There are organizations working very hard to pull back the unknowns of our justice system, to tell us what we don’t know or clarify what we assume to be true — organizations like The Sentencing Project, which works to address racial disparities in prisons. A report from The Sentencing Project reveals that since 2000, the incarceration of Black women has decreased while the incarceration of White and Latina women have increased. That said, Black women are still incarcerated at higher rates than White women. Black women are incarcerated at 83 per 100,000, while white women are 48 per 100,000.

While we are certainly living in a time when data is brushed aside and facts deemed irrelevant (thanks, anti-vaxxers and COVID conspiracy theorists), numbers do not lie. Let’s look at these, for instance: Of the over 330 million Americans who live in the United States, Black people make up 13% of our general population. However, when we look at what’s happening in jails and prisons, 40% of the incarcerated population are Black men and women. Per every 100,000, people 2,306 (Black people) versus 450 (white people) are arrested.

Let’s break this injustice down a little further, shall we? Systemic racism is not solely about our very broken correctional system from policing practices to sentencing. It’s about all of the other broken systems in our society: housing, employment, and healthcare. We have built systems in our country that have no other purpose but to keep people of color off of the track to being more successful individuals.

I don’t want to hear the bullshit excuse to perpetuate racism that I’ve heard way too much: “Oh, they can just get a job.” Sure, because jobs are being handed out at every turn. People who have not been set up from day one to succeed struggle more to accomplish things like getting a job and receiving a livable wage. Or the other things I’ve heard, like “Why don’t they just move to a better town for better opportunities,?” Yeah, okay – why aren’t good opportunities available for all in every town?

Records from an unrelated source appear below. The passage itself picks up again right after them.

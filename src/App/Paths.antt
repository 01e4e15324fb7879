-- ===== src/App/Paths.antt =====
-- The steps of a process in which nothing fails, its probes, and how Run of internal/app/app.go stops.
use rc_pangjiahui.Prelude.{
  Bool, true, ◌≡◌, ◌↔◌, refl, inl, inr, subst, none, some, is_some, List, [], ◌∷◌, ◌++◌, map, arith,
  All, Bool-cases,
}
use rc_pangjiahui.Notification.Model.{Duration}
use rc_pangjiahui.Store.Tables.{Error}
use rc_pangjiahui.Config.{Role, text_of}
use rc_pangjiahui.Health.{required}
use rc_pangjiahui.App.{
  pool, publisher_client, worker_client, server, publisher_loop, worker_loop, scheduler_loop,
  retention_loop, Action, opened, closed, started, context_done, BootCalls, run_configured,
  checks_of, First, parent_done, role_ended, stop_claims, cancel, shutdown_limit, run_roles,
}

-- The log of a process in which nothing fails: it opens what its role needs, starts the loops of the
-- role, and at the end of its context closes the parts without waiting for the loops.
abbrev pub log_of : Role → List Action
log_of Role.api = opened pool ∷ opened server ∷ closed server ∷ closed pool ∷ []
log_of Role.publisher =
    opened pool
    ∷ opened publisher_client
    ∷ opened server
    ∷ started publisher_loop
    ∷ closed server
    ∷ closed publisher_client
    ∷ closed pool
    ∷ []
log_of Role.worker =
    opened pool
    ∷ opened worker_client
    ∷ opened server
    ∷ started worker_loop
    ∷ closed server
    ∷ closed worker_client
    ∷ closed pool
    ∷ []
log_of Role.scheduler =
    opened pool
    ∷ opened server
    ∷ started scheduler_loop
    ∷ started retention_loop
    ∷ closed server
    ∷ closed pool
    ∷ []
log_of Role.all =
    opened pool
    ∷ opened publisher_client
    ∷ opened worker_client
    ∷ opened server
    ∷ started publisher_loop
    ∷ started worker_loop
    ∷ started scheduler_loop
    ∷ started retention_loop
    ∷ closed server
    ∷ closed worker_client
    ∷ closed publisher_client
    ∷ closed pool
    ∷ []

-- Every check that the probes of a role make is set.
pub checks_set :
    (role : Role) (postgres_up publisher_up worker_up : Bool)
    → All
        (λ c. is_some c ≡ true)
        (required (text_of role) (checks_of role postgres_up publisher_up worker_up))
unfolding required
checks_set Role.api p q w = (refl, (refl, tt))
checks_set Role.publisher p q w = (refl, (refl, tt))
checks_set Role.worker p q w = (refl, (refl, (refl, tt)))
checks_set Role.scheduler p q w = (refl, tt)
checks_set Role.all p q w = (refl, (refl, (refl, tt)))

-- Run tells every role to stop its claims before it cancels their context, on every path. It reports
-- no error exactly if no role ended with an error other than the cancellation and all roles end
-- within the limit.
pub run_roles_stops :
    {R : Type 0} (is_canceled : Error → Bool) (roles : List R) (first : First)
    (finished : Duration → Bool) (timeout : Duration)
    → ((run_roles is_canceled roles first finished timeout).0
        ≡ map stop_claims roles ++ cancel ∷ [])
      × (((run_roles is_canceled roles first finished timeout).1 ≡ none) ↔ (
          ((e : Error) → first ≡ role_ended (some e) → is_canceled e ≡ true)
          × (finished (shutdown_limit timeout) ≡ true)))
unfolding run_roles
run_roles_stops is_canceled roles parent_done finished timeout =
    elim (Bool-cases (finished (shutdown_limit timeout))) [
      | inl ended ↦ rw ended (refl, ((λ _. ((λ e q. cc), refl)), λ _. refl))
      | inr late ↦
          rw late (refl, ((λ q. absurd (ground (arith, q))), λ q. absurd (ground (arith, q.1))))
    ]
run_roles_stops is_canceled roles (role_ended none) finished timeout =
    elim (Bool-cases (finished (shutdown_limit timeout))) [
      | inl ended ↦ rw ended (refl, ((λ _. ((λ e q. absurd (ground (arith, q))), refl)), λ _. refl))
      | inr late ↦
          rw late (refl, ((λ q. absurd (ground (arith, q))), λ q. absurd (ground (arith, q.1))))
    ]
run_roles_stops is_canceled roles (role_ended (some x)) finished timeout =
    elim (Bool-cases (is_canceled x)) [
      | inr real ↦ rw real (
        refl,
        ((λ q. absurd (ground (arith, q))), λ q. absurd (ground (arith, q.0 x refl, real))),
      )
      | inl context ↦ rw context (elim (Bool-cases (finished (shutdown_limit timeout))) [
        | inl ended ↦ rw ended (
          refl,
          (
            (λ _. (
              (λ e q.
                  let same : x ≡ e = ground (arith, q) in
                  subst (λ y. is_canceled y ≡ true) same context),
              refl,
            )),
            λ _. refl,
          ),
        )
        | inr late ↦
            rw late (refl, ((λ q. absurd (ground (arith, q))), λ q. absurd (ground (arith, q.1))))
      ])
    ]

-- A process in which nothing fails until its context is done takes exactly the steps of `log_of` for
-- its role, and returns without an error.
pub run_configured_log :
    (calls : BootCalls) (role : Role)
    → calls.pool_up ≡ true
    → calls.ping_up ≡ true
    → calls.load_error ≡ none
    → calls.publisher_error ≡ none
    → calls.worker_error ≡ none
    → calls.jitter_error ≡ none
    → calls.consume_error ≡ none
    → calls.last ≡ context_done
    → run_configured calls role ≡ (log_of role, none)
unfolding run_configured
run_configured_log calls Role.api a b c d e f g h = ground (arith, a, b, c, d, e, f, g, h)
run_configured_log calls Role.publisher a b c d e f g h = ground (arith, a, b, c, d, e, f, g, h)
run_configured_log calls Role.worker a b c d e f g h = ground (arith, a, b, c, d, e, f, g, h)
run_configured_log calls Role.scheduler a b c d e f g h = ground (arith, a, b, c, d, e, f, g, h)
run_configured_log calls Role.all a b c d e f g h = ground (arith, a, b, c, d, e, f, g, h)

Just as we cannot excuse criminal behavior, we cannot excuse systemic racism. The more we ignore the injustices that happen every day in courtrooms across the United States, the more our own actions are complicit in perpetuating systemic racism. Did you know that if you’re convicted of a felony, it is incredibly difficult to get a job? Did you know that if you lie on an application (like, leave out that you were convicted of a felony), it can be considered a crime? So, do the math; if people who are incarcerated at higher rates are Black people, then people who are seeking jobs and can’t get one, are most often also Black people.

Debbie Bosworth and Karla Hopkins’ arrests do not surprise me. They both should have been arrested for their crimes. But the clear difference in their sentencing does not surprise me either, unfortunately. I know all too well, as a Black woman living in America even in 2021, that the law does not lean in my favor. I don’t need to watch another Ava DuVernay film (though I happily will) to know that my life, and that of my family’s, is not valued by our lawmakers. I don’t need to read Just Mercy by Bryan Stevenson again to know that laws in this country need to change.

If the last year and half has taught us something, it is that we cannot make changes alone. We need everyone to do something to right these wrongs — because there are just too many women like Karla Hopkins behind bars while the Debbie Bosworths of the world go free.